### [PROMPT]
Your reply must consist of the data below, reproduced character for character.

### [GIVEN INFORMATION]
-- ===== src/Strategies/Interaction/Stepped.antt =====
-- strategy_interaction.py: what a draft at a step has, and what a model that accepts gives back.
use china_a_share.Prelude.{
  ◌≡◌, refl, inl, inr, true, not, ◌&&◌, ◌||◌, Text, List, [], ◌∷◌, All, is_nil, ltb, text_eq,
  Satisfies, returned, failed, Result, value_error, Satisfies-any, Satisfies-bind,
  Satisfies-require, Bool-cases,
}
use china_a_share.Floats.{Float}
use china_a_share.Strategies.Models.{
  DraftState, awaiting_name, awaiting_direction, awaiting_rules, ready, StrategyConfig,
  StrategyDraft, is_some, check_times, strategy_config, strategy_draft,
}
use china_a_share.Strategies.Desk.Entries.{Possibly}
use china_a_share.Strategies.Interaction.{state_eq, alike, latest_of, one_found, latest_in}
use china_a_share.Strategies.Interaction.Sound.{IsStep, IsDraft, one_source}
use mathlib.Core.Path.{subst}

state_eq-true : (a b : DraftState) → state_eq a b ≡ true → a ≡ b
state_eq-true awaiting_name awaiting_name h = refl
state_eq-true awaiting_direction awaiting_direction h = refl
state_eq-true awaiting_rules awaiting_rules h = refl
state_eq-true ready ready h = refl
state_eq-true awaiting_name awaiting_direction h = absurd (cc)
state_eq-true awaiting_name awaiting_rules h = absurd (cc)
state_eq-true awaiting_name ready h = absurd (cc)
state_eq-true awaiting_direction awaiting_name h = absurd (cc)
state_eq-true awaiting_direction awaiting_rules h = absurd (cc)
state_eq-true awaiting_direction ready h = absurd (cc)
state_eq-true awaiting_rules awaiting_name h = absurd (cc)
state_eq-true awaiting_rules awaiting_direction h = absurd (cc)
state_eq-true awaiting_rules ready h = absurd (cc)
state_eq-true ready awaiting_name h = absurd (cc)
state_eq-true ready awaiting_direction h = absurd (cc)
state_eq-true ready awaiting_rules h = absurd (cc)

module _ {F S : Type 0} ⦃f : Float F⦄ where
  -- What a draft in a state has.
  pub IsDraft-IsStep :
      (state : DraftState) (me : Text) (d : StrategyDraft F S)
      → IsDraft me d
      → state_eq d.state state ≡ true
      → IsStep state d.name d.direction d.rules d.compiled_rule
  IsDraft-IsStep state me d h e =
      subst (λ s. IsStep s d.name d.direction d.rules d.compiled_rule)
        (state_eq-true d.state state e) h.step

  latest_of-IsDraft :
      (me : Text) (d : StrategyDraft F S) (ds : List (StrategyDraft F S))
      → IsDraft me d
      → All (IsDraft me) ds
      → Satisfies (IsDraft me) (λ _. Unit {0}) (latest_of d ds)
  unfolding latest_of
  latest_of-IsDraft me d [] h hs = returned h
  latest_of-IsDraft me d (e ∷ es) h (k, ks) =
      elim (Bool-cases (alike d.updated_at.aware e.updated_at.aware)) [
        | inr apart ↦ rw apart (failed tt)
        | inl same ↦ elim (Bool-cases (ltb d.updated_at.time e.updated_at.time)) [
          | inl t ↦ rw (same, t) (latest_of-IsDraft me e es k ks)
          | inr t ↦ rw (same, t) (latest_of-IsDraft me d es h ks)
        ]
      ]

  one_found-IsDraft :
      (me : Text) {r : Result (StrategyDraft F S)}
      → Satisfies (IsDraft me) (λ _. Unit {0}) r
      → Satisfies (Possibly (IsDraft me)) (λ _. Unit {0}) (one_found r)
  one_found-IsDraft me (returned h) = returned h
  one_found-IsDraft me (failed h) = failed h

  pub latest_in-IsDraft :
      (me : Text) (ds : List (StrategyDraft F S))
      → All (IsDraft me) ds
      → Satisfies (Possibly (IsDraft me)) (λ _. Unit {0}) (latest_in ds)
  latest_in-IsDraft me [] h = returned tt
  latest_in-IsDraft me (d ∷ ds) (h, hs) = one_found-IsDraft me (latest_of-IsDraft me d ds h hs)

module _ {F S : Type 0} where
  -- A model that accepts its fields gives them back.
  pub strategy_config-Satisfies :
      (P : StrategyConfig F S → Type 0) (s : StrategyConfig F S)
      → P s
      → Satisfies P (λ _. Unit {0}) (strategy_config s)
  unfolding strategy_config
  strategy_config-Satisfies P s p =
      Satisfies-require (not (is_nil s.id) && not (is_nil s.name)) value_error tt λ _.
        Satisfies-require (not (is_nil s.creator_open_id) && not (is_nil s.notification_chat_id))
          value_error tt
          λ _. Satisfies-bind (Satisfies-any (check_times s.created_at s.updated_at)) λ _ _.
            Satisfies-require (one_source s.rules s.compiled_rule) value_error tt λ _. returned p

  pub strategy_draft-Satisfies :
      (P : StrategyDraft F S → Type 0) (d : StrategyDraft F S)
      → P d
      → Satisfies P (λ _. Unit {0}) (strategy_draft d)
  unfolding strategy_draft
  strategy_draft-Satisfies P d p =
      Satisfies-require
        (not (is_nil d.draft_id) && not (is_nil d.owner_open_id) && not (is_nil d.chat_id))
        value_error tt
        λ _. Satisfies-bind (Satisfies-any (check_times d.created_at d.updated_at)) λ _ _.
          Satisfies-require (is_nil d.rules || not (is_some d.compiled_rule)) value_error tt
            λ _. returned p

### [EXPECTED ANSWER]
-- ===== src/Strategies/Interaction/Stepped.antt =====
-- strategy_interaction.py: what a draft at a step has, and what a model that accepts gives back.
use china_a_share.Prelude.{
  ◌≡◌, refl, inl, inr, true, not, ◌&&◌, ◌||◌, Text, List, [], ◌∷◌, All, is_nil, ltb, text_eq,
  Satisfies, returned, failed, Result, value_error, Satisfies-any, Satisfies-bind,
  Satisfies-require, Bool-cases,
}
use china_a_share.Floats.{Float}
use china_a_share.Strategies.Models.{
  DraftState, awaiting_name, awaiting_direction, awaiting_rules, ready, StrategyConfig,
  StrategyDraft, is_some, check_times, strategy_config, strategy_draft,
}
use china_a_share.Strategies.Desk.Entries.{Possibly}
use china_a_share.Strategies.Interaction.{state_eq, alike, latest_of, one_found, latest_in}
use china_a_share.Strategies.Interaction.Sound.{IsStep, IsDraft, one_source}
use mathlib.Core.Path.{subst}

state_eq-true : (a b : DraftState) → state_eq a b ≡ true → a ≡ b
state_eq-true awaiting_name awaiting_name h = refl
state_eq-true awaiting_direction awaiting_direction h = refl
state_eq-true awaiting_rules awaiting_rules h = refl
state_eq-true ready ready h = refl
state_eq-true awaiting_name awaiting_direction h = absurd (cc)
state_eq-true awaiting_name awaiting_rules h = absurd (cc)
state_eq-true awaiting_name ready h = absurd (cc)
state_eq-true awaiting_direction awaiting_name h = absurd (cc)
state_eq-true awaiting_direction awaiting_rules h = absurd (cc)
state_eq-true awaiting_direction ready h = absurd (cc)
state_eq-true awaiting_rules awaiting_name h = absurd (cc)
state_eq-true awaiting_rules awaiting_direction h = absurd (cc)
state_eq-true awaiting_rules ready h = absurd (cc)
state_eq-true ready awaiting_name h = absurd (cc)
state_eq-true ready awaiting_direction h = absurd (cc)
state_eq-true ready awaiting_rules h = absurd (cc)

module _ {F S : Type 0} ⦃f : Float F⦄ where
  -- What a draft in a state has.
  pub IsDraft-IsStep :
      (state : DraftState) (me : Text) (d : StrategyDraft F S)
      → IsDraft me d
      → state_eq d.state state ≡ true
      → IsStep state d.name d.direction d.rules d.compiled_rule
  IsDraft-IsStep state me d h e =
      subst (λ s. IsStep s d.name d.direction d.rules d.compiled_rule)
        (state_eq-true d.state state e) h.step

  latest_of-IsDraft :
      (me : Text) (d : StrategyDraft F S) (ds : List (StrategyDraft F S))
      → IsDraft me d
      → All (IsDraft me) ds
      → Satisfies (IsDraft me) (λ _. Unit {0}) (latest_of d ds)
  unfolding latest_of
  latest_of-IsDraft me d [] h hs = returned h
  latest_of-IsDraft me d (e ∷ es) h (k, ks) =
      elim (Bool-cases (alike d.updated_at.aware e.updated_at.aware)) [
        | inr apart ↦ rw apart (failed tt)
        | inl same ↦ elim (Bool-cases (ltb d.updated_at.time e.updated_at.time)) [
          | inl t ↦ rw (same, t) (latest_of-IsDraft me e es k ks)
          | inr t ↦ rw (same, t) (latest_of-IsDraft me d es h ks)
        ]
      ]

  one_found-IsDraft :
      (me : Text) {r : Result (StrategyDraft F S)}
      → Satisfies (IsDraft me) (λ _. Unit {0}) r
      → Satisfies (Possibly (IsDraft me)) (λ _. Unit {0}) (one_found r)
  one_found-IsDraft me (returned h) = returned h
  one_found-IsDraft me (failed h) = failed h

  pub latest_in-IsDraft :
      (me : Text) (ds : List (StrategyDraft F S))
      → All (IsDraft me) ds
      → Satisfies (Possibly (IsDraft me)) (λ _. Unit {0}) (latest_in ds)
  latest_in-IsDraft me [] h = returned tt
  latest_in-IsDraft me (d ∷ ds) (h, hs) = one_found-IsDraft me (latest_of-IsDraft me d ds h hs)

module _ {F S : Type 0} where
  -- A model that accepts its fields gives them back.
  pub strategy_config-Satisfies :
      (P : StrategyConfig F S → Type 0) (s : StrategyConfig F S)
      → P s
      → Satisfies P (λ _. Unit {0}) (strategy_config s)
  unfolding strategy_config
  strategy_config-Satisfies P s p =
      Satisfies-require (not (is_nil s.id) && not (is_nil s.name)) value_error tt λ _.
        Satisfies-require (not (is_nil s.creator_open_id) && not (is_nil s.notification_chat_id))
          value_error tt
          λ _. Satisfies-bind (Satisfies-any (check_times s.created_at s.updated_at)) λ _ _.
            Satisfies-require (one_source s.rules s.compiled_rule) value_error tt λ _. returned p

  pub strategy_draft-Satisfies :
      (P : StrategyDraft F S → Type 0) (d : StrategyDraft F S)
      → P d
      → Satisfies P (λ _. Unit {0}) (strategy_draft d)
  unfolding strategy_draft
  strategy_draft-Satisfies P d p =
      Satisfies-require
        (not (is_nil d.draft_id) && not (is_nil d.owner_open_id) && not (is_nil d.chat_id))
        value_error tt
        λ _. Satisfies-bind (Satisfies-any (check_times d.created_at d.updated_at)) λ _ _.
          Satisfies-require (is_nil d.rules || not (is_some d.compiled_rule)) value_error tt
            λ _. returned p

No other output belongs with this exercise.